Leer: una acción y muchos beneficios

Si leer libros fuera condición para la felicidad, la mayor parte de la humanidad viviría y moriría infeliz. Juan Domingo Argüelles.

El hábito de leer es conocido internacionalmente como un pasatiempo agradable y tranquilo, que permite conectarse con otros mundos y realidades. Sin embargo, aunque en todos lados se sabe, como citamos al principio, no todos lo practicamos. Tal vez porque no nos interesa, nos parece aburrido, o mejor es ver la televisión. Pero si conociésemos los beneficios de practicar la lectura nos interesaría más buscar libros.

En primer lugar, leer desarrolla la imaginación y la creatividad. Cuando se lee un libro toda descripción de color, tamaño, olor o sabor se crea en la mente, dando una perspectiva única en cada lector de lo que se narra en el texto. Además, se incrementan el sentido de la intuición y el análisis. Por ejemplo: con libros de opinión y de filosofía, o con novelas policiacas y psicológicas.

Otra excelente razón es el aumento del vocabulario y la disminución de las faltas ortográficas. Parece ser un mal colectivo, cada vez más presente, que ya no se escriba correctamente. Estudios realzan este dato, ya que con el aumento de la tecnología  se facilita el proceso de redacción y ortografía sin que la persona, realmente, conozca las reglas de las mismas.  Es importante leer para tener una fuente continúa de conocimiento gramatical, ya que el lenguaje es un organismo cambiante.

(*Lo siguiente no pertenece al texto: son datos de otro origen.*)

-- ===== src/SystemAlerts/Server/Expiry.antt =====
-- The two tables of system_alerts/server.py, and its expiry timer.
use animacharacter_dev_src.Prelude.{
  ◌≡◌, refl, ◌⊎◌, Bool, true, false, not, ◌&&◌, Float, none, some, List, [], ◌∷◌, Result, ok,
  raised, Exc, arith, if◌then◌else◌, inl, inr, Option-cases, Bool-cases, ℤ, ℤ-discrete, int_key,
  ite,
}
use animacharacter_dev_src.Prelude.Dict.{Dict, get, put, remove, has}
use animacharacter_dev_src.Prelude.Dict.Laws.{
  get-put, get-remove, IsDict, put-IsDict, remove-IsDict,
}
use animacharacter_dev_src.SystemAlerts.Alert.{Alert, AlertActionType, raise, clear}
use animacharacter_dev_src.SystemAlerts.Transport.{decode_action_message}
use animacharacter_dev_src.SystemAlerts.Server.{
  Server, Input, requested, raised_locally, cleared_locally, timer, waiting, waited, announce,
  apply_change, raise_alert, clear_alert, handle_request, clear_all, expired_alerts, expire_alerts,
  is_expired, wait_begin, wait_end, serve, serve_all, same_as, after_request,
}

module _ {F : Type 0} where
  -- Every alert stands under its own code.
  abbrev pub IsKeyed : Dict ℤ (Alert F) → Type 0
  IsKeyed [] = Unit
  IsKeyed ((code, a) ∷ d) = (a.code ≡ code) × IsKeyed d

  put-IsKeyed : (d : Dict ℤ (Alert F)) (a : Alert F) → IsKeyed d → IsKeyed (put d a.code a)
  unfolding put
  put-IsKeyed [] a h = (refl, tt)
  put-IsKeyed ((j, b) ∷ d) a h = ground (arith, put-IsKeyed d a h.1)

  remove-IsKeyed : (d : Dict ℤ (Alert F)) (k : ℤ) → IsKeyed d → IsKeyed (remove d k)
  unfolding remove
  remove-IsKeyed [] k h = tt
  remove-IsKeyed ((j, b) ∷ d) k h = ground (arith, remove-IsKeyed d k h.1)

  code_of_get :
      (d : Dict ℤ (Alert F)) (k : ℤ) (a : Alert F) → IsKeyed d → get d k ≡ some a → a.code ≡ k
  unfolding get
  code_of_get [] k a h e = cc
  code_of_get ((j, b) ∷ d) k a h e = ground (arith, code_of_get d k a h.1)

  -- The active alerts stand once each under their codes, and exactly they have a starting time.
  pub record IsWellFormed (s : Server F) : Type 0 where
    pub unique : IsDict s.active_alerts
    pub keyed : IsKeyed s.active_alerts
    pub timed : (k : ℤ) → has s.alert_started_at k ≡ has s.active_alerts k

  announce-IsWellFormed :
      (action : AlertActionType) (a : Alert F) (s : Server F)
      → IsWellFormed s
      → IsWellFormed (announce action a s)
  unfolding announce
  announce-IsWellFormed action a s w = elim (Bool-cases s.has_callback) [
    | inl h ↦ record { unique = rw h w.unique; keyed = rw h w.keyed; timed = rw h w.timed }
    | inr h ↦ record { unique = rw h w.unique; keyed = rw h w.keyed; timed = rw h w.timed }
  ]

  put-IsWellFormed :
      (now : F) (a : Alert F) (s : Server F)
      → IsWellFormed s
      → IsWellFormed (record s {
        active_alerts = put s.active_alerts a.code a;
        alert_started_at = put s.alert_started_at a.code now;
      })
  put-IsWellFormed now a s w = record {
    unique = put-IsDict s.active_alerts a.code a w.unique;
    keyed = put-IsKeyed s.active_alerts a w.keyed;
    timed = λ k. ground (
      arith,
      w.timed k,
      get-put s.active_alerts a.code k a,
      get-put s.alert_started_at a.code k now,
    );
  }

  remove-IsWellFormed :
      (k : ℤ) (s : Server F)
      → IsWellFormed s
      → IsWellFormed (record s {
        active_alerts = remove s.active_alerts k;
        alert_started_at = remove s.alert_started_at k;
      })
  remove-IsWellFormed k s w = record {
    unique = remove-IsDict s.active_alerts k w.unique;
    keyed = remove-IsKeyed s.active_alerts k w.keyed;
    timed = λ j.
        ground
          (arith, w.timed j, get-remove s.active_alerts k j, get-remove s.alert_started_at k j);
  }

module _ {F : Type 0} ⦃o : Float F⦄ where
  change-IsWellFormed :
      (now : F) (action : AlertActionType) (a : Alert F) (s : Server F)
      → IsWellFormed s
      → IsWellFormed (apply_change now action a s).0
  unfolding apply_change
  change-IsWellFormed now raise a s w = elim (Bool-cases (same_as a (get s.active_alerts a.code))) [
    | inl h ↦ rw h (put-IsWellFormed now a s w)
    | inr h ↦ rw h (announce-IsWellFormed raise a _ (put-IsWellFormed now a s w))
  ]
  change-IsWellFormed now clear a s w = elim (Bool-cases (has s.active_alerts a.code)) [
    | inl h ↦ rw h (announce-IsWellFormed clear a _ (remove-IsWellFormed a.code s w))
    | inr h ↦ rw h w
  ]

  clear_alert-IsWellFormed :
      (now : F) (code : ℤ) (s : Server F) → IsWellFormed s → IsWellFormed (clear_alert now code s)
  unfolding clear_alert
  clear_alert-IsWellFormed now code s w = elim (Option-cases (get s.active_alerts code)) [
    | inl h ↦ rw (h, clear_alert) w
    | inr (a, h) ↦ rw (h, clear_alert) (change-IsWellFormed now clear a s w)
  ]

  clear_all-IsWellFormed :
      (now : F) (alerts : List (Alert F)) (s : Server F)
      → IsWellFormed s
      → IsWellFormed (clear_all now alerts s)
  unfolding clear_all
  clear_all-IsWellFormed now [] s w = w
  clear_all-IsWellFormed now (a ∷ alerts) s w =
      clear_all-IsWellFormed now alerts (clear_alert now a.code s)
        (clear_alert-IsWellFormed now a.code s w)

  request-IsWellFormed :
      (now : F) (r : Result Exc (AlertActionType × Alert F)) (s : Server F)
      → IsWellFormed s
      → IsWellFormed (
          after_request s (elim r [
            | ok (action, alert) ↦ ok (apply_change now action alert s).0
            | raised x ↦ raised x
          ]))
  request-IsWellFormed now (ok (action, alert)) s w = change-IsWellFormed now action alert s w
  request-IsWellFormed now (raised x) s w = w

  serve-IsWellFormed : (i : F × Input F) (s : Server F) → IsWellFormed s → IsWellFormed (serve i s)
  unfolding serve handle_request raise_alert expire_alerts wait_begin wait_end
  serve-IsWellFormed (now, requested msg) s w =
      request-IsWellFormed now (decode_action_message msg) s w
  serve-IsWellFormed (now, raised_locally a) s w = change-IsWellFormed now raise a s w
  serve-IsWellFormed (now, cleared_locally code) s w = clear_alert-IsWellFormed now code s w
  serve-IsWellFormed (now, timer) s w =
      clear_all-IsWellFormed now (expired_alerts now s s.active_alerts) s w
  serve-IsWellFormed (now, waiting) s w = record {
    unique = w.unique;
    keyed = w.keyed;
    timed = w.timed;
  }
  serve-IsWellFormed (now, waited i) s w = record {
    unique = w.unique;
    keyed = w.keyed;
    timed = w.timed;
  }

  -- Every sequence of requests, local raises and clears, expiries and waits keeps the tables of the
  -- server well formed: no code twice, each alert under its code, a starting time for exactly the
  -- active codes.
  pub serve_all-IsWellFormed :
      (inputs : List (F × Input F)) (s : Server F)
      → IsWellFormed s
      → IsWellFormed (serve_all inputs s)
  unfolding serve_all
  serve_all-IsWellFormed [] s w = w
  serve_all-IsWellFormed (i ∷ inputs) s w =
      serve_all-IsWellFormed inputs (serve i s) (serve-IsWellFormed i s w)

  table-clear :
      (now : F) (a : Alert F) (s : Server F)
      → (apply_change now clear a s).0.active_alerts
        ≡ (if has s.active_alerts a.code then remove s.active_alerts a.code else s.active_alerts)
  unfolding apply_change announce
  table-clear now a s = ground arith

  get-clear_alert :
      (now : F) (code k : ℤ) (s : Server F)
      → IsWellFormed s
      → get (clear_alert now code s).active_alerts k
        ≡ ite (ℤ-discrete code k) none (get s.active_alerts k)
  unfolding clear_alert
  get-clear_alert now code k s w = elim (Option-cases (get s.active_alerts code)) [
    | inl h ↦ rw (h, clear_alert) (ground arith)
    | inr (a, h) ↦
        rw (h, clear_alert, table-clear now a s, code_of_get s.active_alerts code a w.keyed h)
          (ground (arith, get-remove s.active_alerts code k))
  ]

  -- the code is that of an alert of the list
  has_code : ℤ → List (Alert F) → Bool
  has_code k [] = false
  has_code k (a ∷ alerts) = ite (ℤ-discrete a.code k) true (has_code k alerts)

  get-clear_all :
      (now : F) (alerts : List (Alert F)) (k : ℤ) (s : Server F)
      → IsWellFormed s
      → get (clear_all now alerts s).active_alerts k
        ≡ (if has_code k alerts then none else get s.active_alerts k)
  unfolding clear_all has_code
  get-clear_all now [] k s w = refl
  get-clear_all now (a ∷ alerts) k s w = ground (
    arith,
    get-clear_all now alerts k (clear_alert now a.code s) (clear_alert-IsWellFormed now a.code s w),
    get-clear_alert now a.code k s w,
  )

  has_code-expired :
      (now : F) (k : ℤ) (s : Server F) (d : Dict ℤ (Alert F))
      → IsDict d
      → IsKeyed d
      → has_code k (expired_alerts now s d)
        ≡ elim (get d k) [ none ↦ false | some a ↦ is_expired now s k a ]
  unfolding has_code expired_alerts get
  has_code-expired now k s [] u h = refl
  has_code-expired now k s ((j, a) ∷ d) u h = ground (arith, has_code-expired now k s d u.1 h.1)

  get-expire_alerts :
      (now : F) (k : ℤ) (s : Server F)
      → IsWellFormed s
      → get (expire_alerts now s).active_alerts k ≡ (
          if elim (get s.active_alerts k) [ none ↦ false | some a ↦ is_expired now s k a ]
          then none
          else get s.active_alerts k)
  unfolding expire_alerts
  get-expire_alerts now k s w = rw (
    get-clear_all now (expired_alerts now s s.active_alerts) k s w,
    has_code-expired now k s s.active_alerts w.unique w.keyed,
  )

  -- In a well-formed server every active alert has a starting time, and when the expiry timer fires the
  -- alert is removed exactly if its time to live is not infinite and at most the time since then.
  -- Alerts under other codes are not touched, and no alert is added.
  pub expire_alerts_exact :
      (now : F) (k : ℤ) (s : Server F)
      → IsWellFormed s
      → ((get s.active_alerts k ≡ none) × (get (expire_alerts now s).active_alerts k ≡ none))
        ⊎ ((a : Alert F) × (started : F) × (get s.active_alerts k ≡ some a)
            × (get s.alert_started_at k ≡ some started)
            × (get (expire_alerts now s).active_alerts k ≡ (
                if not (o.eq_f a.ttl o.inf) && o.le_f a.ttl (o.sub_f now started)
                then none
                else some a)))
  unfolding is_expired
  expire_alerts_exact now k s w = elim (Option-cases (get s.active_alerts k)) [
    | inl p ↦ inl (p, rw (get-expire_alerts now k s w, p))
    | inr (a, p) ↦ elim (Option-cases (get s.alert_started_at k)) [
      | inl q ↦ absurd (ground (arith, w.timed k))
      | inr (t, q) ↦ inr (a, t, p, q, rw (get-expire_alerts now k s w, p, q))
    ]
  ]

Leer culturiza. Nos ubica en otros tiempos y lugares, nos informa de hechos históricos, nos muestra opiniones de todo tipo, nos llena de conocimientos nuevos, nos abre la mente a desconocidos temas, enriquece nuestros valores, nos enseña otra forma de pensar y nos entretiene inmensamente. Es que hay un libro para cada clase de gusto, la literatura es algo tan extenso que satisface cada necesidad.

Un libro puede ayudarnos a ser más sociables, dándonos información sobre temas que podamos compartir con otros y ayudándonos a entender otras opiniones. Podemos aprender de nosotros mismos, ya que leer nos pone en posiciones diferentes a las que estamos acostumbrados, y nos hace indagar más en las cosas. Está confirmado que leer ayuda a la función cerebral, activando simultáneamente varias zonas de la corteza cerebral, muchas más de las que se activan al ver la televisión. Mientras más leamos, más actividad intelectual desarrollaremos.

Quienes lo han probado saben que terminar un libro es una sensación increíblemente satisfactoria, y nos hace sentir realizados. No se supone que todo lo que leamos nos guste, hay que ir descubriendo, poco a poco, nuestros gustos y preferencias. No hay que dejar de probar.

Hoy es este artículo, mañana un libro de 600 páginas. Nunca es tarde para iniciar un nuevo pasatiempo, y ¿cuál mejor que uno que te hará más intelectual y sociable? ¡Empieza un libro ahora!